A hollow cylinder, of radius R and mass M, rolls without slipping down a loop-th

Question

A hollow cylinder, of radius R and mass M, rolls without slipping down a loop-the-loop track of radius r. The cylinder starts from rest at a height h above the horizontal section of the track. What is the minimum value of r so that the cylinder remains on the track all the way around the loop?
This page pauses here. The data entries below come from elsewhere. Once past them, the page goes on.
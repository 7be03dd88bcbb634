-- ===== src/Fs/Block/Layout.antt =====
-- A number that is stored in a block is read back, and every field beside it reads as before.
use neu_cs5600_cmpsys.Base.{
  ℕ, zero, suc, ◌+◌, ◌^◌, ◌≤◌, ◌<◌, ◌≡◌, refl, ◌⊎◌, inl, ◌∙◌, [], ◌∷◌, get_or, set, get_or-set,
  length-set, length, arith,
}
use neu_cs5600_cmpsys.Base.Bytes.{Bytes}
use neu_cs5600_cmpsys.Fs.Block.{write_at, u32, set32, le32}

pub length-write_at : (b : Bytes) (o : ℕ) (xs : Bytes) → length (write_at b o xs) ≡ length b
unfolding write_at
length-write_at b o [] = refl
length-write_at b o (x ∷ xs) = length-write_at (set b o x) (o + 1) xs ∙ length-set b o x

-- A byte outside the range that was written.
pub get_or-write_at_other :
    (b : Bytes) (o : ℕ) (xs : Bytes) (j : ℕ)
    → o + length xs ≤ length b
    → (j < o) ⊎ (o + length xs ≤ j)
    → get_or (write_at b o xs) j 0 ≡ get_or b j 0
unfolding write_at
get_or-write_at_other b o [] j h away = refl
get_or-write_at_other b o (x ∷ xs) j h away =
    get_or-write_at_other (set b o x) (o + 1) xs j (omega (arith, length-set b o x)) (omega arith)
    ∙ rw (get_or-set b o j x 0 (omega arith)) (ground arith)

-- A byte inside it.
pub get_or-write_at_same :
    (b : Bytes) (o : ℕ) (xs : Bytes) (i : ℕ)
    → o + length xs ≤ length b
    → i < length xs
    → get_or (write_at b o xs) (o + i) 0 ≡ get_or xs i 0
unfolding write_at
get_or-write_at_same b o [] i h lt = absurd (omega arith)
get_or-write_at_same b o (x ∷ xs) zero h lt =
    get_or-write_at_other (set b o x) (o + 1) xs (o + 0) (omega (arith, length-set b o x))
      (inl (omega arith))
    ∙ rw (get_or-set b o (o + 0) x 0 (omega arith)) (ground arith)
get_or-write_at_same b o (x ∷ xs) (suc i) h lt =
    let e : o + suc i ≡ o + 1 + i = omega arith in
    rw e (
      get_or-write_at_same (set b o x) (o + 1) xs i (omega (arith, length-set b o x)) (omega arith))

-- A number beside the range that was written.
pub u32-write_at_other :
    (b : Bytes) (o : ℕ) (xs : Bytes) (p : ℕ)
    → o + length xs ≤ length b
    → (p + 4 ≤ o) ⊎ (o + length xs ≤ p)
    → u32 (write_at b o xs) p ≡ u32 b p
unfolding u32
u32-write_at_other b o xs p fits away = omega (
  arith,
  get_or-write_at_other b o xs p fits (omega arith),
  get_or-write_at_other b o xs (p + 1) fits (omega arith),
  get_or-write_at_other b o xs (p + 2) fits (omega arith),
  get_or-write_at_other b o xs (p + 3) fits (omega arith),
)

module _ (b : Bytes) (o v : ℕ) (fits : o + 4 ≤ length b) where
  set32_byte : (p i : ℕ) → p ≡ o + i → i < 4 → get_or (set32 b o v) p 0 ≡ get_or (le32 v) i 0
  unfolding set32
  set32_byte p i e lt = rw e (get_or-write_at_same b o (le32 v) i fits (omega arith))

  set32_byte_other : (p : ℕ) → (p < o) ⊎ (o + 4 ≤ p) → get_or (set32 b o v) p 0 ≡ get_or b p 0
  unfolding set32
  set32_byte_other p away = get_or-write_at_other b o (le32 v) p fits (omega arith)

  -- A 32-bit number that is stored at an offset is read back from there.
  pub u32-set32 : v < 2 ^ 32 → u32 (set32 b o v) o ≡ v
  unfolding u32
  u32-set32 h = omega (
    arith,
    set32_byte o 0 (omega arith) (omega arith),
    set32_byte (o + 1) 1 refl (omega arith),
    set32_byte (o + 2) 2 refl (omega arith),
    set32_byte (o + 3) 3 refl (omega arith),
  )

  -- A number that stands before it or behind it is as it was.
  pub u32-set32_other : (p : ℕ) → (p + 4 ≤ o) ⊎ (o + 4 ≤ p) → u32 (set32 b o v) p ≡ u32 b p
  unfolding u32
  u32-set32_other p away = omega (
    arith,
    set32_byte_other p (omega arith),
    set32_byte_other (p + 1) (omega arith),
    set32_byte_other (p + 2) (omega arith),
    set32_byte_other (p + 3) (omega arith),
  )

  pub length-set32 : length (set32 b o v) ≡ length b
  unfolding set32
  length-set32 = length-write_at b o (le32 v)
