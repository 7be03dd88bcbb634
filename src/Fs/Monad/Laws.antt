-- ===== src/Fs/Monad/Laws.antt =====
-- What the steps on the disk do where the block is there.
use Prim.Native.Nat.{min}
use neu_cs5600_cmpsys.Base.{ℕ, ◌<◌, ◌≤◌, ◌≡◌, ◌*◌, ◌/◌, ◌%◌, ◌^◌, refl, true, ◌&&◌, ltb, arith}
use neu_cs5600_cmpsys.Base.Bytes.{Bytes}
use neu_cs5600_cmpsys.Fs.Monad.{
  Disk, done, undefined, start_of, read_block, read_checked, write_block, write_checked, update,
}

-- The blocks of the image whose offsets, and those of their ends, an int holds: the first 2 ^ 19 -
-- 1.
abbrev pub in_reach : Disk → ℕ
in_reach d = min d.count 524287

module _ (d : Disk) (lba : ℕ) (h : lba < in_reach d) where
  starts : start_of lba ≡ lba * 4096
  starts = omega arith

  place : start_of lba / 4096 ≡ lba
  place = omega arith

  readable : (ltb (start_of lba) (2 ^ 31) && ltb (start_of lba / 4096) d.count) ≡ true
  readable = ground arith

  pub read_block_done : read_block lba d ≡ done (d.block lba) d
  unfolding read_block
  read_block_done = rw (readable, read_block, place) refl

  pub read_checked_done : read_checked lba d ≡ done (d.block lba) d
  unfolding read_checked
  read_checked_done = rw (readable, read_checked, place) refl

  pub write_block_done :
      (b : Bytes)
      → 0 < lba
      → write_block lba b d ≡ done tt (record { count = d.count; block = update d.block lba b })
  unfolding write_block
  write_block_done b pos = ground (arith, place, starts)

  pub write_checked_done :
      (b : Bytes)
      → 0 < lba
      → write_checked lba b d ≡ done tt (record { count = d.count; block = update d.block lba b })
  unfolding write_checked
  write_checked_done b pos = ground (arith, place, starts)

-- A number whose product with the block size stands for a negative offset.
pub read_block_undefined :
    (d : Disk) (lba : ℕ) → 2 ^ 31 ≤ lba * 4096 % 2 ^ 32 → read_block lba d ≡ undefined
unfolding read_block
read_block_undefined d lba h = ground arith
I start with mgh = 1/2mv^2 + 1/2Iw^2 which becomes mgh = 1/2mv^2 + 1/2(mR^2)(v^2/r^2) but beyond that I don't know what to do.

Explanation / Answer

Before the cylinder begins rolling, it has potential energy mgh. When it is at the top of the loop-the-loop track, the total energy (kinetic + potential) must equal mgh. For the cylinder to stay on the track, though, means that the normal force at the top of the track is 0. At the top of the track, the forces are the normal force downward and gravity downward. So, the force equation looks like mv^2 / r = N + mg, where N = 0. So, then v^2 / r = g. Now, go back to the energy equation. At the top of the loop, the cylinder has translation and rotational kinetic energy. The total kinetic energy is (1/2) mv^2 + (1/2) I w^2, where I is the moment of inertia and w is the speed of angular rotation. For a cylinder rotating about its long axis, the moment of inertia I = mR^2 / 2, and for circular rotation, w = v / R. So, the kinetic energy can be rewritten (1/2) mv^2 + (1/2) (mR^2/2) (v^2 / R^2 ) = (1/2) mv^2 + (1/4) mv^2 = (3/4) mv^2. The height of the track at the top of the loop is 2r. So the potential energy there is 2mgr. Now, you can set up the complete energy equation. mgh = (3/4)mv^2 + 2mgr --->> gh = (3/4) v^2 + 2gr From the force equation earlier, we know that v^2 = rg. Substituting that in... gh = (3/4) rg + 2gr ---->> h = (3/4)r + 2r. So, the minimum h is 2.75r.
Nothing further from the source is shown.